Linear Models for Regression - Bayesian Linear Regression

Posted by Amit Rajan on Saturday, June 25, 2022

3.3 Bayesian Linear Regression

One of the problems with frequentist approach and using maximum likelihood estimator is the issue of deciding the appropriate model complexity for the particular problem, which cannot be decided simply by maximizing the likelihood function, because this always leads to excessively complex models and over-fitting. We therefore turn to a Bayesian treatment of linear regression, which will avoid the over-fitting problem of maximum likelihood, and which will also lead to automatic methods of determining model complexity using the training data alone.

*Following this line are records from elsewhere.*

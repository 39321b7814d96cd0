-- ===== src/Executor/Firecracker/Instance.antt =====
-- `impl VmmBackend for FirecrackerBackend` (forge-executor/src/firecracker.rs): the methods of the
-- modules beside this one, as a backend. A handle that is dropped kills its process.
use apeiron.Base.{◌∷◌}
use apeiron.Executor.Backend.{VmmBackend}
use apeiron.Executor.Host.{Env, Trace, dropped}
use apeiron.Executor.Firecracker.{FirecrackerBackend}
use apeiron.Executor.Firecracker.Lifecycle.{spawn, restore, terminate, health_check}
use apeiron.Executor.Firecracker.Snapshot.{snapshot}
use apeiron.Executor.Firecracker.Execute.{execute_command}

abbrev pub firecracker : Env → FirecrackerBackend → VmmBackend Trace
firecracker env self = record {
  spawn = spawn env self;
  snapshot = snapshot env self;
  restore = restore env self;
  terminate = terminate env self;
  health_check = health_check env self;
  drop_handle = λ handle t. dropped handle.process ∷ t;
  execute_command = execute_command env self;
}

3.3.1 Parameter Distribution

The likelihood function $p(t|W)$ is the exponential of a quadratic function of $W$. The corresponding conjugate prior can be defined as

$$\begin{align} p(W) = N(W|m_0,S_0) \end{align}$$

having mean $m_0$ and covariance $S_0$. The posterior distribution can be then given as

$$\begin{align} p(W|t) = N(W|m_N,S_N) \end{align}$$

where

$$\begin{align} m_N = S_N(S_0^{-1}m_0+\beta\phi^Tt) \end{align}$$

$$\begin{align} S_N^{-1} = S_0^{-1} + \beta\phi^T\phi \end{align}$$

As the posterior distribution is Gaussian, its mode coincides with the mean and hence the maximum posterior weight is given as $W_{MAP} = m_N$. For an infinitely broad prior, the mean $m_N$ of the posterior distribution reduces to the maximum likelihood estimate $W_{ML}$. For sequential data points, the posterior distribution at any stage acts as the prior distribution for the subsequent data point.

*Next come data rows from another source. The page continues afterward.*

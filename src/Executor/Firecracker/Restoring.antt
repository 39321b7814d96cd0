-- ===== src/Executor/Firecracker/Restoring.antt =====
-- The order of what `restore` (forge-executor/src/firecracker.rs) does: the process, its socket, the
-- request that loads the snapshot, and the handle.
use apeiron.Base.{
  ℕ, ◌<◌, ◌≡◌, refl, true, false, not, Bool, ◌||◌, Bool-cases, inl, inr, ◌⊎◌, Text, [], ◌∷◌, ◌++◌,
  codes,
}
use apeiron.Base.Outcome.{Outcome}
use apeiron.Core.Id.{Uuid}
use apeiron.Std.FilePath.{PathBuf}
use apeiron.Executor.ExecutorError.{IoError, io, spawn_failed, restore_failed}
use apeiron.Executor.Config.{SnapshotId, Pid, VmHandle, new_vm_handle}
use apeiron.Executor.Action.{
  Action, Result, ok, err, panicked, pure, continue, map_result, ◌>>=◌, ◌>>◌,
}
use apeiron.Executor.Host.{
  Answer-cases, done, failed, drop_on_error, clock, Env, Trace, Json, create_dir_all, drew_uuid,
  read_clock, started, dropped, holding,
}
use apeiron.Executor.Firecracker.{
  FirecrackerBackend, put_json, to_string, socket_path, snapshot_mem_path, snapshot_state_path,
}
use apeiron.Executor.Firecracker.Lifecycle.{exec_failed, load_body, load_up, restore}
use apeiron.Executor.Firecracker.Booting.{Attempts, put_json-Attempts, no_more-Attempts}
use apeiron.Executor.Firecracker.Waiting.{after_naps, IsAbsent, AppearsAfter, wait_for_socket_lem}

-- What a process that was started goes through: the trace `s` is that of its start.
module _ (env : Env) (snapshot_id : SnapshotId) (body : Outcome Json) (vm_id : Uuid)
    (socket : PathBuf) (pid : Pid) (s : Trace) where
  -- What the end of the request leads to: a handle, or the process is dropped.
  unfoldable pub loaded : Result (Unit {0}) × Trace → Result VmHandle × Trace
  loaded (ok u, t) = (ok (new_vm_handle vm_id socket pid (env.now t)), read_clock ∷ t)
  loaded (err e, t) = (err (restore_failed snapshot_id.uuid (to_string env e)), dropped pid ∷ t)
  loaded (panicked, t) = (panicked, dropped pid ∷ t)

  -- The socket does not appear in time, or it does and the request is sent.
  unfoldable pub LoadEnd : Result VmHandle × Trace → Type 0
  LoadEnd r =
      (IsAbsent env socket 50 s
        × (r ≡ (
          err (
              restore_failed snapshot_id.uuid (
                to_string env (
                  spawn_failed
                    (codes "socket " ++ (socket ++ codes " did not appear within 5s"))))),
          dropped pid ∷ after_naps 50 s,
        )))
      ⊎ ((k : ℕ) × (k < 50)
          × AppearsAfter env socket k s
          × (sent : Result (Unit {0}) × Trace) × Attempts env socket
              ((codes "/snapshot/load", body) ∷ []) (after_naps k s) sent
          × (r ≡ loaded sent))

  abbrev load : Action Trace (Unit {0})
  load = put_json env socket (codes "/snapshot/load") body >> pure tt

  -- What is done behind the request.
  loaded_after :
      (r : Result Text) (t : Trace)
      → drop_on_error pid (
          continue
            (map_result (λ e. restore_failed snapshot_id.uuid (to_string env e)) r)
            (λ _. clock env >>= λ now. pure (new_vm_handle vm_id socket pid now))
            t)
        ≡ loaded (continue r (λ _. pure tt) t)
  unfolding loaded
  loaded_after (ok u) t = refl
  loaded_after (err e) t = refl
  loaded_after panicked t = refl

  load_up_lem : LoadEnd (holding pid (load_up env snapshot_id body vm_id socket pid) s)
  unfolding load_up LoadEnd
  load_up_lem = elim (wait_for_socket_lem env socket s) [
    | inr (absent, q) ↦ inl (absent, rw q refl)
    | inl (k, l, there, q) ↦
        (let answer = put_json env socket (codes "/snapshot/load") body (after_naps k s) in
          inr (
            k,
            l,
            there,
            load (after_naps k s),
            put_json-Attempts env socket (codes "/snapshot/load") body [] (pure tt) (after_naps k s)
                (λ t. no_more-Attempts env socket t),
            rw q (loaded_after answer.0 answer.1),
          ))
  ]

module _ (env : Env) (self : FirecrackerBackend) (snapshot_id : SnapshotId) (t : Trace) where
  abbrev mem_path : PathBuf
  mem_path = snapshot_mem_path env self snapshot_id

  abbrev state_path : PathBuf
  state_path = snapshot_state_path env self snapshot_id

  abbrev missing : Bool
  missing = not (env.exists t mem_path) || not (env.exists t state_path)

  abbrev socket : PathBuf
  socket = socket_path env self (env.random t)

  -- The trace once the directory of the sockets was asked for.
  abbrev made : Trace
  made = create_dir_all self.socket_dir ∷ drew_uuid ∷ t

  unfoldable pub RestoreEnd : Result VmHandle × Trace → Type 0
  RestoreEnd r =
      ((missing ≡ true)
        × (r ≡ (
          err (restore_failed snapshot_id.uuid (codes "snapshot files not found at " ++ mem_path)),
          t,
        )))
      ⊎ ((missing ≡ false)
          × (((e : IoError) × (env.make_dirs (drew_uuid ∷ t) self.socket_dir ≡ failed e)
                × (r ≡ (err (io e), made)))
              ⊎ ((env.make_dirs (drew_uuid ∷ t) self.socket_dir ≡ done tt)
                  × (((e : IoError) × (env.spawn made self.binary_path socket ≡ failed e)
                        × (r ≡ (err (restore_failed snapshot_id.uuid (exec_failed env e)), made)))
                      ⊎ ((pid : Pid) × (env.spawn made self.binary_path socket ≡ done pid)
                          × LoadEnd env snapshot_id (load_body env state_path mem_path)
                              (env.random t) socket pid (started pid self.binary_path socket ∷ made)
                              r)))))

  -- A restore first looks for the two files of the snapshot, and does nothing else if one is missing.
  -- Otherwise it fails because the directory cannot be made or the process not started, or starts one
  -- process. Then it waits for the socket, up to 50 times 100 ms; only once the socket is there it
  -- sends one request, to load the two files through that socket. If it succeeds, the restore returns a
  -- handle with the identifier that was drawn, the socket and the process. If it fails, the process is
  -- dropped and the error names the snapshot; if a path of the snapshot is not UTF-8, nothing is sent, the
  -- process is dropped and the restore panics.
  pub restore_lem : RestoreEnd (restore env self snapshot_id t)
  unfolding restore RestoreEnd
  restore_lem = elim (Bool-cases missing) [
    | inl m ↦ inl (m, rw m refl)
    | inr m ↦ inr (
      m,
      elim (Answer-cases (env.make_dirs (drew_uuid ∷ t) self.socket_dir)) [
        | inr (e, q) ↦ inl (e, q, rw (m, q) refl)
        | inl (u, q) ↦ inr (
          q,
          elim (Answer-cases (env.spawn made self.binary_path socket)) [
            | inr (e, q') ↦ inl (e, q', rw (m, q, q') refl)
            | inl (pid, q') ↦ inr (pid, q', rw (m, q, q') (load_up_lem env _ _ _ _ pid _))
          ],
        )
      ],
    )
  ]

For further analysis, we will use a zero-mean isotropic Gaussian governed by a single precision parameter $\alpha$ given as

$$\begin{align} p(W|\alpha) = N(W|0,\alpha^{-1}I) \end{align}$$

and the corresponding parameters for the posterior distribution are

$$\begin{align} m_N = \beta S_N\phi^Tt \end{align}$$

$$\begin{align} S_N^{-1} = \alpha I + \beta\phi^T\phi \end{align}$$

The log of the posterior distribution is the sum of the log likelihood and the log of the prior and it takes the form

$$\begin{align} \ln p(W|t) = -\frac{\beta}{2}\sum_{n=1}^{N}(t_n - W^T\phi(X_n))^2 - \frac{\alpha}{2}W^TW + const \end{align}$$

Hence, the maximization of the posterior distribution with respect to $W$ is equaivalent to the minimization of the sum-of-squares error function with the addition of a quadratic regularization term (in a frequentist setting the regularization parameter is $\lambda = \alpha/\beta$).